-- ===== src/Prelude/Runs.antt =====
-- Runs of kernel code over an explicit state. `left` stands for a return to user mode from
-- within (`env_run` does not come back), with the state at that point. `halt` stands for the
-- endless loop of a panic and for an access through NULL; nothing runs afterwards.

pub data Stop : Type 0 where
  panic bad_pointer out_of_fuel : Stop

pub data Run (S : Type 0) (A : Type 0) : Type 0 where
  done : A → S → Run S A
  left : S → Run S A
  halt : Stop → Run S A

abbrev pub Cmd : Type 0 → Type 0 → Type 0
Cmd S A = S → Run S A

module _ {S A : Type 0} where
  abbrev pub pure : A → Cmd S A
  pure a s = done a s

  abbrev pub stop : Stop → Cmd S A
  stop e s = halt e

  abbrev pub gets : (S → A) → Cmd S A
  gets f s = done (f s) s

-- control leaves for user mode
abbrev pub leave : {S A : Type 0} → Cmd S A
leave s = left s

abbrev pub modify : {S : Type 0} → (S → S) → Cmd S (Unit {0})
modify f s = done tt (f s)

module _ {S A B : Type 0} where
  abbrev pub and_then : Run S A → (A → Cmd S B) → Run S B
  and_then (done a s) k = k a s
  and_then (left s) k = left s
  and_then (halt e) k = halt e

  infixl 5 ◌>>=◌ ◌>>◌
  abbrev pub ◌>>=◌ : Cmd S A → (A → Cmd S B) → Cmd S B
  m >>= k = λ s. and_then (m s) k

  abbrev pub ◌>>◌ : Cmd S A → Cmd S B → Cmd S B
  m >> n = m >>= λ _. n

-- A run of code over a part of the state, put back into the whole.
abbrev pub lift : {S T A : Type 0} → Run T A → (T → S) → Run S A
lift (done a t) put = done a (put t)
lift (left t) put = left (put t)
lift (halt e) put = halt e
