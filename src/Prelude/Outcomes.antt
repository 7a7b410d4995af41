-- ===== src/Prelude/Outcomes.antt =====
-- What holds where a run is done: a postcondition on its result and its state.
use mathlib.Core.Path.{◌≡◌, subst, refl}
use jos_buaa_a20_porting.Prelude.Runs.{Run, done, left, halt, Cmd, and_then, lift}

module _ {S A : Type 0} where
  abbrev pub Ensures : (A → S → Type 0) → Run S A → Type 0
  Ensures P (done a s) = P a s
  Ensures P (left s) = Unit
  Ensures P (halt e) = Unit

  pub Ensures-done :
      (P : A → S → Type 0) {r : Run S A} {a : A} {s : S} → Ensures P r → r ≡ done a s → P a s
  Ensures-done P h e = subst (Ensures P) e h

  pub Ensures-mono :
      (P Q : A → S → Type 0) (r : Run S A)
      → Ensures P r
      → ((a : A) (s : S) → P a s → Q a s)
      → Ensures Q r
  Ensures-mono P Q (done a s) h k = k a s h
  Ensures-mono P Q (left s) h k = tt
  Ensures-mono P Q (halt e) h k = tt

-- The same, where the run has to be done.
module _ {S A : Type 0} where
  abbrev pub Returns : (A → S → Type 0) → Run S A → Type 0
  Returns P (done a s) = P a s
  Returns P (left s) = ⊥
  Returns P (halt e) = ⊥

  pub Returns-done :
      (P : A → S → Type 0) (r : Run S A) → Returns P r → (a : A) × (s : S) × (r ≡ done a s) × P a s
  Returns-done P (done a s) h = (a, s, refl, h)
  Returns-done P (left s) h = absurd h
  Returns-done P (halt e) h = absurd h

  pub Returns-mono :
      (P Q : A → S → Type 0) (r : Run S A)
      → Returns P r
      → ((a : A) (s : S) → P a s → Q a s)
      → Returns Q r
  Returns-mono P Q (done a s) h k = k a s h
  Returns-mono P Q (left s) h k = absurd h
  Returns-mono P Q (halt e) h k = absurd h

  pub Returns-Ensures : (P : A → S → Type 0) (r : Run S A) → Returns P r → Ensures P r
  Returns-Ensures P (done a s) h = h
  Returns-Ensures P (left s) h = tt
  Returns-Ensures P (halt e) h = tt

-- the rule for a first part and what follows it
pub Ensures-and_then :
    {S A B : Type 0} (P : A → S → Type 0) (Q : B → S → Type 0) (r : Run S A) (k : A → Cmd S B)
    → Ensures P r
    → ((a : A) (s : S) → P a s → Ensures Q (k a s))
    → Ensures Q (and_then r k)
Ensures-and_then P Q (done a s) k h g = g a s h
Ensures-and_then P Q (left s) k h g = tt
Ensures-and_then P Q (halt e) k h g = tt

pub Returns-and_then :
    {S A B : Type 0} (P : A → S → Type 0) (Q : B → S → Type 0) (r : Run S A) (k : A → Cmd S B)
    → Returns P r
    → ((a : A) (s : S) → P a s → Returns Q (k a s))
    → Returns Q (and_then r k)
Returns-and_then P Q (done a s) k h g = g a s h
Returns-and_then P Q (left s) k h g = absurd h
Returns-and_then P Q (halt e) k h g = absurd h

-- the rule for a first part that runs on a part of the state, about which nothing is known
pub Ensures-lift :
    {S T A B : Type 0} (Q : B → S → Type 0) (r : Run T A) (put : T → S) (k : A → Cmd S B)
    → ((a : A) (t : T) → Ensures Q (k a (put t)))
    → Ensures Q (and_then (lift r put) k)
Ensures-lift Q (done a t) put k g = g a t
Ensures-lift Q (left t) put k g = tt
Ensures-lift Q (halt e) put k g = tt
▬▬▬▬▬▬▬▬▬▬
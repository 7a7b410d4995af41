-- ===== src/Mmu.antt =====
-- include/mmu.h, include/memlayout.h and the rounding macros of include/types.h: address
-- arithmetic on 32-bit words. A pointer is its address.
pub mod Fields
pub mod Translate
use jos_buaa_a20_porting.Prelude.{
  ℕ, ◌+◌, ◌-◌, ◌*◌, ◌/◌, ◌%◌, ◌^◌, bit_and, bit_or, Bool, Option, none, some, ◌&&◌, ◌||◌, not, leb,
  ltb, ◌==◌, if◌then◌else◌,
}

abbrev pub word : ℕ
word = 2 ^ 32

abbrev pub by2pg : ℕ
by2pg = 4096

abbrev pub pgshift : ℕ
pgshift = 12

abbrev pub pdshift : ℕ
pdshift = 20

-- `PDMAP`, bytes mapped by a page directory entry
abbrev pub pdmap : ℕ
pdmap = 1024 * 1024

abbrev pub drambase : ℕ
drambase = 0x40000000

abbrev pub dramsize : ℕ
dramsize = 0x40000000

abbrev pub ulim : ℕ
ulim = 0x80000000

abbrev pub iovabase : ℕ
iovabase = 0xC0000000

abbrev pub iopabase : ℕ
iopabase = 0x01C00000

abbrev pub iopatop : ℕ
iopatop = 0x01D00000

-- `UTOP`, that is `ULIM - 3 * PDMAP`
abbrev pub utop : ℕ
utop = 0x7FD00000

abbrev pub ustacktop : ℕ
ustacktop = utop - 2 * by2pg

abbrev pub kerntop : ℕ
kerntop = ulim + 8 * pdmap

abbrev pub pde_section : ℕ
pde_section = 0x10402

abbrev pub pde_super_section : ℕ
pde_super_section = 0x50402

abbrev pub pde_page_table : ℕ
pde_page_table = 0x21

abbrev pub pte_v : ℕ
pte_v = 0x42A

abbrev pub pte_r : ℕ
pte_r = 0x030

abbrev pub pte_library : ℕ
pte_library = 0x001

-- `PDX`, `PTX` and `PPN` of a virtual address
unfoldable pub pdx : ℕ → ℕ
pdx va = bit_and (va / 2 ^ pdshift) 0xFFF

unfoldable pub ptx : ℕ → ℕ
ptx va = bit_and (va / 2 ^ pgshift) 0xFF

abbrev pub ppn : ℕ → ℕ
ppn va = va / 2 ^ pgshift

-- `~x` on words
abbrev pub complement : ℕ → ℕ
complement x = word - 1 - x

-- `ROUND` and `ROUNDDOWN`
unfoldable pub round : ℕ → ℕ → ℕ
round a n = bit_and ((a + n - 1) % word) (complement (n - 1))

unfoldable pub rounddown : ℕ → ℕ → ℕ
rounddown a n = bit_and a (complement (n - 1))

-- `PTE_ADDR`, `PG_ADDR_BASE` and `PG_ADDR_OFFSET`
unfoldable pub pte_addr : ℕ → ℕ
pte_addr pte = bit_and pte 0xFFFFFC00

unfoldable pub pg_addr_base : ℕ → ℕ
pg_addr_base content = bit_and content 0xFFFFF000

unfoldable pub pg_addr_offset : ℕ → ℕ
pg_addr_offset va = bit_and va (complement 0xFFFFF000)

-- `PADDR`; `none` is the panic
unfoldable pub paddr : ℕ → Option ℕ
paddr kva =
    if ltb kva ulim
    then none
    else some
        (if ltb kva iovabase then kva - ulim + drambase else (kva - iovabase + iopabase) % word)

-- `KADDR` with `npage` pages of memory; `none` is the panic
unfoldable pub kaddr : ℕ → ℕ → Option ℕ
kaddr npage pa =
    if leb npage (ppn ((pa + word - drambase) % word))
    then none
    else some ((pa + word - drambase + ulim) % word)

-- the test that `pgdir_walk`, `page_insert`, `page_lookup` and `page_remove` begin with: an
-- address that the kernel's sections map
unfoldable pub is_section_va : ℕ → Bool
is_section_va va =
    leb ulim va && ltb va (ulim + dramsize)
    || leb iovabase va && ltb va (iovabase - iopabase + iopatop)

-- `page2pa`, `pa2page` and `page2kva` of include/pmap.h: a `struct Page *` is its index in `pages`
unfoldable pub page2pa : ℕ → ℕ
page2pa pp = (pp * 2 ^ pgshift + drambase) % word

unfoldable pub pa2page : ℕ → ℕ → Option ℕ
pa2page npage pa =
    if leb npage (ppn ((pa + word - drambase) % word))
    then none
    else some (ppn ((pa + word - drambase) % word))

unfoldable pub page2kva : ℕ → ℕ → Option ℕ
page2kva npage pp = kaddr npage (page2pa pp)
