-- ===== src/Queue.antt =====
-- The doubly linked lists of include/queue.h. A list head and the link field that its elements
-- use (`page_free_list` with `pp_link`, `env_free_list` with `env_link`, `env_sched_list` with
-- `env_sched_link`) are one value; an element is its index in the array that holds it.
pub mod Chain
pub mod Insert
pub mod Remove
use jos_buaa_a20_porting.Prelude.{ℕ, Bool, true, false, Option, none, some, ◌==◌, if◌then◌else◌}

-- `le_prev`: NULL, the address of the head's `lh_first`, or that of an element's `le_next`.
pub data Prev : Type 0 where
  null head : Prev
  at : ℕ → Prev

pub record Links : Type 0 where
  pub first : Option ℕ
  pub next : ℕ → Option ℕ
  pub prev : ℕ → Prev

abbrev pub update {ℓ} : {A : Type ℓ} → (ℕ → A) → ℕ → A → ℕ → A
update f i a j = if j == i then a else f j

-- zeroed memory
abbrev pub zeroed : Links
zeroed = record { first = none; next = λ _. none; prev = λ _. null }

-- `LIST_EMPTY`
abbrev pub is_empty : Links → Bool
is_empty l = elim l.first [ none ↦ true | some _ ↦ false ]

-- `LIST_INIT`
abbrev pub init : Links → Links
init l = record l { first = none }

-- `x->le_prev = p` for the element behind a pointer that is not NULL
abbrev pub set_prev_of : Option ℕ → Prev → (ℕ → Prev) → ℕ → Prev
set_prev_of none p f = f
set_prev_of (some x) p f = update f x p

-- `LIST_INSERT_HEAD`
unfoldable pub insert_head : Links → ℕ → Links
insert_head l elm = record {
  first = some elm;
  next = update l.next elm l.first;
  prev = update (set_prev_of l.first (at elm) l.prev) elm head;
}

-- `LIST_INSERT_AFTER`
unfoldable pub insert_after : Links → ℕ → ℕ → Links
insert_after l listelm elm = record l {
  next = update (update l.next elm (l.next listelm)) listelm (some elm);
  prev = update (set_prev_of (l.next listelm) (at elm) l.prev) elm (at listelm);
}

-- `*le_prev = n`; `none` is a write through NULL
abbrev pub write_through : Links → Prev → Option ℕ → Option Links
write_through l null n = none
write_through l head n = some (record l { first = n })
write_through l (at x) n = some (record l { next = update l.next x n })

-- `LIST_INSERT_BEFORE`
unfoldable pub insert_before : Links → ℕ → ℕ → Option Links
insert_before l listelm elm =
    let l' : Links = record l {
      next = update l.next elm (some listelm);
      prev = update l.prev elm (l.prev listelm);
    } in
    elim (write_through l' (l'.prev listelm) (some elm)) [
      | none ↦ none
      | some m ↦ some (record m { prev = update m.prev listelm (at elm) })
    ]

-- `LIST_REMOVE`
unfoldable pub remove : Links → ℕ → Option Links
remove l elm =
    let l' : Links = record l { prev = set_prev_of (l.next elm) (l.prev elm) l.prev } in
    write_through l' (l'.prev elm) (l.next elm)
▬▬▬▬▬▬▬▬▬▬
> [Problem description]: Within the material above, the line with "a (put t)))" opens the range and the line with "Ensures-lift Q (halt e) put k g = tt" closes it; reproduce that range word for word.

> [Reply to the exercise]:
    → ((a : A) (t : T) → Ensures Q (k a (put t)))
    → Ensures Q (and_then (lift r put) k)
Ensures-lift Q (done a t) put k g = g a t
Ensures-lift Q (left t) put k g = tt
Ensures-lift Q (halt e) put k g = tt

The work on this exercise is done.